騎乗中の着剣は時間がかかり、また軍刀、銃、銃剣の3丁持ちはだぶつく。そのため折畳式のスパイク型銃剣を標準装備している。
当初は銃剣展開時に弾道が変化してしまう点が判明したため、生産中に3度改修がくわえられている。
本銃も同様に、取り回しが評価されたため騎兵陳腐化後も使用された。
銃身を15cm短縮したもの。概ね九九式短小銃と同じ長さ。
生産ラインから特に精度の優れた部品を選別し、狙撃用の2.5倍スコープとモノポッドを増設、専用調整を施したもの。機関部上面の菊花紋章手前に 九七式 と刻印されている。
三八式改は生産済みのものから高精度品を選別し、同等の改修を施したもの。
実包は主に
機関銃で使用される減装弾(G弾)を用いるが、基本的にはベースと同じなので通常弾もちゃんと撃てる。
スコープは工場出荷時に調整されたままの固定式で、射手による目測での修正が必要なもののサイトピクチャーは良好で軽量。右にオフセットされているためクリップを使用可能。スコープをよけるためにボルトハンドルは曲げられている。
小口径弾であることに加え、減装弾を用いている為発砲炎がより小さくなり隠蔽性が向上している。
ガダルカナル撤退時には、米軍足止めの任を負った狙撃手が
捨て奸のごとき決死の遅滞戦闘を繰り広げ、残存将兵の撤退に大きく貢献したとされる。最後の残存狙撃手投降は、戦後2年経った47年のことだった。
海外への輸出例
イギリス、ロシア(フィンランド)、メキシコ等に輸出されている。
メキシコ革命にはほとんど間に合わなかったものの、50万挺が輸出された。
その余剰分である60万挺は帝政ロシアへ売却された。自動小銃に良い威力と認識されたため、フェドロフM1916など6.5x50SR弾を使用するロシア製銃器が複数存在する。
フィンランド内戦時にはフィンランド白衛軍での運用が確認されている。
タイ王国へは同国の制式実包である8x52mmR弾仕様に改修され、66式小銃と銘打たれて約5万挺が輸出されている。

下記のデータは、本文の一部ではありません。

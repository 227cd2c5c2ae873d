-- ===== src/Runtime/Validity.antt =====
-- Every accepted operation leaves a well-formed binding, the two that do not validate it included.
use xgc2_orchestration_core.Base.{String, true, false, ◌≡◌, ◌≤◌, ◌<◌, ◌+◌, refl, ok, arith, u64_inc}
use Prim.Native.String.{◌++◌}
use xgc2_orchestration_core.Contracts.Identity.{valid_digest, valid_identifier}
use xgc2_orchestration_core.Contracts.Json.{Canonical}
use xgc2_orchestration_core.Contracts.Runtimes.{
  RuntimeBinding, binding_state_eq, binding_state_valid, binding_state_terminal, observed_state_eq,
  observed_state_valid, runtime_health_valid,
}
use xgc2_orchestration_core.Execution.Identity.{private_token_digest, validate_identity}
use xgc2_orchestration_core.Runtime.Validation.{
  BindingFence, validate_binding, validate_binding_refs, validate_binding_state, validate_kinds,
  validate_ownership, validate_counters, validate_external, validate_lease, validate_observation,
  validate_binding_failure, validate_fence,
}
use xgc2_orchestration_core.Runtime.Operations.{
  HeartbeatCommand, TakeoverCommand, heartbeat_binding, taken_over, check_binding_heartbeat,
  check_takeover,
}
use xgc2_orchestration_core.Runtime.Steps.{BindingStep, BindingChange, BindingStep-BindingChange}

module _ (c : Canonical) where
  -- The parts of `validate_binding`, all passed.
  record ValidBinding (b : RuntimeBinding) : Type 0 where
    refs : validate_binding_refs c b ≡ ok tt
    kinds : validate_kinds b ≡ ok tt
    ownership : validate_ownership b.ownership b.cleanup_policy ≡ ok tt
    counters : validate_counters b ≡ ok tt
    lease : validate_lease b ≡ ok tt
    state : validate_binding_state b ≡ ok tt
    observation : validate_observation b ≡ ok tt
    external : validate_external b.external_identity ≡ ok tt
    failure : validate_binding_failure b.observed_state b.primary_failure ≡ ok tt

  parts : (b : RuntimeBinding) → validate_binding c b ≡ ok tt → ValidBinding b
  unfolding validate_binding
  parts b h = ground arith

  whole : (b : RuntimeBinding) → ValidBinding b → validate_binding c b ≡ ok tt
  unfolding validate_binding
  whole b v =
      rw
        (
          v.refs, v.kinds, v.ownership, v.counters, v.lease, v.state, v.observation, v.external,
          v.failure,
        )
        refl

  -- What the fence of a holder passed says of the lease.
  fence_facts :
      (b : RuntimeBinding) (fence : BindingFence)
      → validate_fence c b fence ≡ ok tt
      → (b.updated_at ≤ fence.at) × (fence.at < b.lease_expires_at)
  unfolding validate_fence
  fence_facts b fence h = ground arith

  heartbeat_facts :
      (b : RuntimeBinding) (command : HeartbeatCommand)
      → check_binding_heartbeat c b command ≡ ok tt
      → (validate_binding c b ≡ ok tt)
        × (validate_fence c b command.fence ≡ ok tt)
        × (b.lease_expires_at < command.lease_expires_at)
  unfolding check_binding_heartbeat
  heartbeat_facts b command h = ground arith

  heartbeat_lease :
      (b : RuntimeBinding) (command : HeartbeatCommand)
      → validate_lease b ≡ ok tt
      → command.fence.at < b.lease_expires_at
      → b.lease_expires_at < command.lease_expires_at
      → validate_lease (heartbeat_binding b command) ≡ ok tt
  unfolding validate_lease heartbeat_binding
  heartbeat_lease b command h p q = ground arith

  heartbeat_counters :
      (b : RuntimeBinding) (command : HeartbeatCommand)
      → validate_counters b ≡ ok tt
      → b.updated_at ≤ command.fence.at
      → b.revision + 1 < 18446744073709551616
      → validate_counters (heartbeat_binding b command) ≡ ok tt
  unfolding validate_counters heartbeat_binding
  heartbeat_counters b command h p small = ground arith

  heartbeat_observation :
      (b : RuntimeBinding) (command : HeartbeatCommand)
      → validate_observation b ≡ ok tt
      → b.updated_at ≤ command.fence.at
      → validate_observation (heartbeat_binding b command) ≡ ok tt
  unfolding validate_observation heartbeat_binding
  heartbeat_observation b command h p = ground arith

  heartbeat-valid :
      (b : RuntimeBinding) (command : HeartbeatCommand)
      → check_binding_heartbeat c b command ≡ ok tt
      → b.revision + 1 < 18446744073709551616
      → validate_binding c (heartbeat_binding b command) ≡ ok tt
  unfolding validate_binding_refs validate_kinds validate_binding_state heartbeat_binding
  heartbeat-valid b command h small =
      let (valid, fenced, extended) = heartbeat_facts b command h in
      let (later, leased) = fence_facts b command.fence fenced in
      let v = parts b valid in
      whole (heartbeat_binding b command) (record {
        refs = v.refs;
        kinds = v.kinds;
        ownership = v.ownership;
        counters = heartbeat_counters b command v.counters later small;
        lease = heartbeat_lease b command v.lease leased extended;
        state = v.state;
        observation = heartbeat_observation b command v.observation later;
        external = v.external;
        failure = v.failure;
      })

  hashed_token :
      (token hash : String)
      → ((s : String) → valid_digest ("sha256:" ++ c.sha256_hex s) ≡ true)
      → private_token_digest c token ≡ ok hash
      → valid_digest hash ≡ true
  unfolding private_token_digest
  hashed_token token hash hex h = ground (arith, hex token)

  -- What an accepted takeover has passed.
  record Takes (b : RuntimeBinding) (command : TakeoverCommand) : Type 0 where
    valid : validate_binding c b ≡ ok tt
    live : binding_state_terminal b.state ≡ false
    expired : b.lease_expires_at ≤ command.at
    next : command.generation ≡ u64_inc b.generation
    newer : b.fencing_token < command.fencing_token
    leased : command.at < command.lease_expires_at
    owner : valid_identifier command.lease_owner ≡ true

  takeover_facts :
      (b : RuntimeBinding) (command : TakeoverCommand)
      → check_takeover c b command ≡ ok tt
      → Takes b command
  unfolding check_takeover validate_identity
  takeover_facts b command h = ground arith

  takeover_kinds :
      (b : RuntimeBinding) (command : TakeoverCommand) (hash : String)
      → validate_kinds b ≡ ok tt
      → validate_kinds (taken_over b command hash) ≡ ok tt
  unfolding validate_kinds taken_over binding_state_eq binding_state_valid observed_state_valid
      runtime_health_valid
  takeover_kinds b command hash h = ground arith

  takeover_counters :
      (b : RuntimeBinding) (command : TakeoverCommand) (hash : String)
      → Takes b command
      → validate_counters b ≡ ok tt
      → validate_lease b ≡ ok tt
      → b.revision + 1 < 18446744073709551616
      → b.generation + 1 < 18446744073709551616
      → validate_counters (taken_over b command hash) ≡ ok tt
  unfolding validate_counters validate_lease taken_over
  takeover_counters b command hash t h k small young = ground arith

  takeover_lease :
      (b : RuntimeBinding) (command : TakeoverCommand) (hash : String)
      → Takes b command
      → validate_lease b ≡ ok tt
      → valid_digest hash ≡ true
      → validate_lease (taken_over b command hash) ≡ ok tt
  unfolding validate_lease taken_over validate_identity binding_state_eq binding_state_terminal
  takeover_lease b command hash t h d = ground (arith, t.live)

  takeover_state :
      (b : RuntimeBinding) (command : TakeoverCommand) (hash : String)
      → Takes b command
      → validate_binding_state b ≡ ok tt
      → validate_binding_state (taken_over b command hash) ≡ ok tt
  unfolding validate_binding_state taken_over binding_state_eq binding_state_terminal
      observed_state_eq
  takeover_state b command hash t h = ground (arith, t.live)

  takeover-valid :
      (b : RuntimeBinding) (command : TakeoverCommand) (hash : String)
      → check_takeover c b command ≡ ok tt
      → valid_digest hash ≡ true
      → b.revision + 1 < 18446744073709551616
      → b.generation + 1 < 18446744073709551616
      → validate_binding c (taken_over b command hash) ≡ ok tt
  unfolding validate_binding_refs taken_over validate_observation validate_binding_failure
  takeover-valid b command hash h hashed small young =
      let t = takeover_facts b command h in
      let v = parts b t.valid in
      whole (taken_over b command hash) (record {
        refs = v.refs;
        kinds = takeover_kinds b command hash v.kinds;
        ownership = v.ownership;
        counters = takeover_counters b command hash t v.counters v.lease small young;
        lease = takeover_lease b command hash t v.lease hashed;
        state = takeover_state b command hash t v.state;
        observation = refl;
        external = v.external;
        failure = refl;
      })

  BindingChange-valid :
      {b m : RuntimeBinding}
      → ((s : String) → valid_digest ("sha256:" ++ c.sha256_hex s) ≡ true)
      → b.revision + 1 < 18446744073709551616
      → b.generation + 1 < 18446744073709551616
      → BindingChange c b m
      → validate_binding c m ≡ ok tt
  BindingChange-valid hex small young (BindingChange.observed_by command h valid e) = valid
  BindingChange-valid {b} hex small young (BindingChange.beaten_by command h e) =
      rw e (heartbeat-valid b command h small)
  BindingChange-valid {b} hex small young (BindingChange.taken_by command hash h hashed e) = rw e (
      takeover-valid b command hash h (hashed_token command.lease_token hash hex hashed) small
        young)
  BindingChange-valid hex small young (BindingChange.begun_by command h valid e) = valid
  BindingChange-valid hex small young (BindingChange.finished_by command h valid e) = valid

  -- Every accepted operation leaves a well-formed binding, also a heartbeat and a takeover, which do
  -- not validate what they build: given that the digests of the hash are well-formed and that the
  -- revision and the generation do not reach the limit of 64 bits.
  pub BindingStep-valid :
      {b m : RuntimeBinding}
      → ((s : String) → valid_digest ("sha256:" ++ c.sha256_hex s) ≡ true)
      → b.revision + 1 < 18446744073709551616
      → b.generation + 1 < 18446744073709551616
      → BindingStep c b m
      → validate_binding c m ≡ ok tt
  BindingStep-valid hex small young s =
      BindingChange-valid hex small young (BindingStep-BindingChange c s)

それ以外にもロシア革命以後の流出品が周辺国で使用されたり、日本占領時の供与品が戦後も東南アジア各国で運用されるなどしていた。
満州や大陸方面で鹵獲されたものはその後中国共産党軍の主力小銃として国共内戦を戦い抜き、中国成立の原動力ともなった。
戦後
戦後は警察予備隊の装備として少数が改造/配備された。それ以外にも、連合軍による接収時に品質良好とみなされて廃棄処分を免れたものが残存し、兵士による鹵獲品などと同じく多数が民間に流出している。
三十年式~九九式をまとめて有坂銃として扱う場合が多い。
欧米では猟銃やスポーツライフルとして流通している例がみられる。当時の小柄な日本人でも容易に扱えるマイルドなリコイルは、バーミントハンティング向けに結構な好評を得たとされる。
ただ、流出直後は弾薬の流通がなかったため.257ロバーツ改造弾(6.5x56mm。三八式実包の弾頭直径が6.65mmなので径を広げる改造を要する)に適合するよう薬室が改修される場合があった。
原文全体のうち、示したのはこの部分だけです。